Only a number is required: the count of lines in the material below that contain "arith".

◆ Listed records:
○ ○ ○

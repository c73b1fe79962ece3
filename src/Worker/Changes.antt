-- ===== src/Worker/Changes.antt =====
-- A claim, a burial and an outcome against the tables' invariant.
use flick_drop.Base.{
  ℕ, suc, ◌+◌, ◌≤◌, ◌<◌, ◌≡◌, refl, sym, ap, ◌∙◌, subst, String, false, ◌&&◌, Option, none, some,
  List, [], ◌∷◌, ◌++◌, arith, some-injective, nat_beq, ◌==◌, string_eq, find, insert, find-insert,
  beq_self,
}
use flick_drop.Worker.Tables.{
  processing, dead, running, Receipt, Attempt, DeadLetter, Db, is_running, update_where, finish_row,
  find_attempt, finish_running, update_receipt, claim_receipt, settle_receipt, insert_attempt,
  upsert_dead_letter, coalesce,
}
use flick_drop.Worker.Store.{result_of, state_of, completed_of}
use flick_drop.Worker.Moves.{claimed, buried, finished}
use flick_drop.Worker.Counts.{
  count_running, count_rows_of, count_running-append, count_rows_of-append, count_running-finish,
  count_running-finish_one, count_rows_of-update, update_where-IdsBelow, append-IdsBelow,
}
use flick_drop.Worker.Invariant.{IsValidDb, IsValidJob, slots, Lettered, one_job-IsValid}

-- One more running row of a job that had none.
claimed_job :
    (job j : String) (o : Option Receipt) (r r' : Receipt) (active rows active' rows' : ℕ)
    (l : Option DeadLetter)
    → IsValidJob job o active rows l
    → o ≡ some r
    → active ≡ 0
    → r'.job_id ≡ r.job_id
    → r'.state ≡ processing
    → r'.attempts ≡ r.attempts + 1
    → active' ≡ active + 1
    → rows' ≡ rows + 1
    → IsValidJob job (some r') active' rows' l
claimed_job job j none r r' a b a' b' l v e z k s n f g = absurd (cc e)
claimed_job job j (some q) r r' a b a' b' l (i, h, m, w) e z k s n f g =
    (ground (arith, k, i, e), rw s (omega arith), ground (arith, e, n, g, m), rw s tt)

other_append :
    (job j : String) (rows : List Attempt) (a : Attempt)
    → a.job_id ≡ job
    → (job == j) ≡ false
    → (count_running j (rows ++ a ∷ []) ≤ count_running j rows)
      × (count_rows_of j (rows ++ a ∷ []) ≡ count_rows_of j rows)
other_append job j rows a h e =
    rw (count_running-append j rows a, count_rows_of-append j rows a, h, e)
      (omega arith, omega arith)

same_append :
    (job : String) (rows : List Attempt) (a : Attempt)
    → a.job_id ≡ job
    → a.result ≡ running
    → (count_running job (rows ++ a ∷ []) ≡ count_running job rows + 1)
      × (count_rows_of job (rows ++ a ∷ []) ≡ count_rows_of job rows + 1)
same_append job rows a h e =
    rw (count_running-append job rows a, count_rows_of-append job rows a, h, e, beq_self job)
      (refl, refl)

pub claimed-IsValid :
    (job : String) (r : Receipt) (now : ℕ) (d : Db)
    → find job d.receipts ≡ some r
    → count_running job d.attempts ≡ 0
    → IsValidDb d
    → IsValidDb (claimed job (r.attempts + 1) now d)
unfolding claimed claim_receipt insert_attempt
claimed-IsValid job r now d f z v =
    rw (claimed, insert_attempt, claim_receipt, update_receipt, f)
      (one_job-IsValid job _ _ d.dead_letters (suc d.next_id) d
        (claimed_job job job (find job d.receipts) r
          (record r {
            state = processing;
            attempts = r.attempts + 1;
            updated_at = now;
            last_error = none;
          })
          _ _ _ _ _ (v.jobs job) f z refl refl refl (same_append job d.attempts _ refl refl).0
          (same_append job d.attempts _ refl refl).1)
        (λ j e. (
          (other_append job j d.attempts _ refl e).0,
          (other_append job j d.attempts _ refl e).1,
          refl,
        ))
        (append-IdsBelow d.next_id d.attempts _ v.ids refl) v)

-- A job with a new state, as many attempts, and running ones within the state's slots.
settled_job :
    (job : String) (o : Option Receipt) (r r' : Receipt) (active rows active' rows' : ℕ)
    (l l' : Option DeadLetter)
    → IsValidJob job o active rows l
    → o ≡ some r
    → r'.job_id ≡ r.job_id
    → r'.attempts ≡ r.attempts
    → active' ≤ slots r'.state
    → rows' ≡ rows
    → Lettered r'.state r'.last_error l'
    → IsValidJob job (some r') active' rows' l'
settled_job job none r r' a b a' b' l l' v e k n h g w = absurd (cc e)
settled_job job (some q) r r' a b a' b' l l' (i, _, m, _) e k n h g w =
    (ground (arith, k, i, e), h, ground (arith, e, n, g, m), w)

pub slots_of :
    (job : String) (o : Option Receipt) (r : Receipt) (active rows : ℕ) (l : Option DeadLetter)
    → IsValidJob job o active rows l
    → o ≡ some r
    → active ≤ slots r.state
slots_of job none r a b l v e = absurd (cc e)
slots_of job (some q) r a b l (_, h, _, _) e =
    subst (λ x. a ≤ slots x.state) (some-injective q r e) h

pub key_of :
    (job : String) (o : Option Receipt) (r : Receipt) (active rows : ℕ) (l : Option DeadLetter)
    → IsValidJob job o active rows l
    → o ≡ some r
    → r.job_id ≡ job
key_of job none r a b l v e = absurd (cc e)
key_of job (some q) r a b l (k, _, _, _) e = sym (ap Receipt.job_id (some-injective q r e)) ∙ k

pub buried-IsValid :
    (r q : Receipt) (payload e : String) (now : ℕ) (d : Db)
    → find q.job_id d.receipts ≡ some r
    → count_running q.job_id d.attempts ≡ 0
    → IsValidDb d
    → IsValidDb (buried q payload e now d)
unfolding buried settle_receipt upsert_dead_letter
buried-IsValid r q payload e now d f z v =
    rw (buried, upsert_dead_letter, settle_receipt, update_receipt, f)
      (one_job-IsValid q.job_id s d.attempts (insert q.job_id l d.dead_letters) d.next_id d
        (settled_job q.job_id (find q.job_id d.receipts) r s _ _ _ _ (find q.job_id d.dead_letters)
          _ (v.jobs q.job_id) f refl refl (omega (arith, z)) refl
          (rw (find-insert q.job_id q.job_id l d.dead_letters, beq_self q.job_id) (refl, refl)))
        (λ j h. (omega arith, refl, rw (find-insert q.job_id j l d.dead_letters, h) refl)) v.ids v)
  where
    s : Receipt
    s = record r { state = dead; last_error = some e; updated_at = now; completed_at = some now }

    l : DeadLetter
    l = record {
      job_id = q.job_id;
      kind = q.kind;
      payload_json = payload;
      error = e;
      created_at = now;
    }

pub finished-IsValid :
    (id : ℕ) (a : Attempt) (r : Receipt) (o : Option String) (now : ℕ) (d : Db)
    → find_attempt id d.attempts ≡ some a
    → a.result ≡ running
    → find a.job_id d.receipts ≡ some r
    → r.state ≡ processing
    → IsValidDb d
    → IsValidDb (finished a id o now d)
unfolding finished settle_receipt finish_running
finished-IsValid id a r o now d f u g p v =
    rw (finished, settle_receipt, update_receipt, finish_running, g)
      (one_job-IsValid a.job_id s _ d.dead_letters d.next_id d
        (settled_job a.job_id (find a.job_id d.receipts) r s _ _ _ _ (find a.job_id d.dead_letters)
          _ (v.jobs a.job_id) g refl refl (omega (arith, fewer_running, within))
          (count_rows_of-update a.job_id _ (result_of o) now o d.attempts)
          (unlettered o (find a.job_id d.dead_letters)))
        (λ j h. (
          count_running-finish j _ (result_of o) now o d.attempts (not_running o),
          count_rows_of-update j _ (result_of o) now o d.attempts,
          refl,
        ))
        (update_where-IdsBelow d.next_id _ (result_of o) now o d.attempts v.ids) v)
  where
    s : Receipt
    s = record r {
      state = state_of o;
      last_error = o;
      updated_at = now;
      completed_at = coalesce (completed_of o now) r.completed_at;
    }

    not_running : (o : Option String) → is_running (result_of o) ≡ false
    not_running none = refl
    not_running (some e) = refl

    fewer_running :
        count_running a.job_id (
          update_where
            (λ b. nat_beq b.id id && is_running b.result)
            (finish_row (result_of o) now o)
            d.attempts)
        < count_running a.job_id d.attempts
    fewer_running = count_running-finish_one id (result_of o) now o d.attempts a (not_running o) f u

    within : count_running a.job_id d.attempts ≤ 1
    within =
        subst (λ x. count_running a.job_id d.attempts ≤ slots x) p
          (slots_of a.job_id (find a.job_id d.receipts) r _ _ _ (v.jobs a.job_id) g)

    unlettered : (o : Option String) (l : Option DeadLetter) → Lettered (state_of o) o l
    unlettered none l = tt
    unlettered (some e) l = tt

○ ○ ○

◆ Your response: 7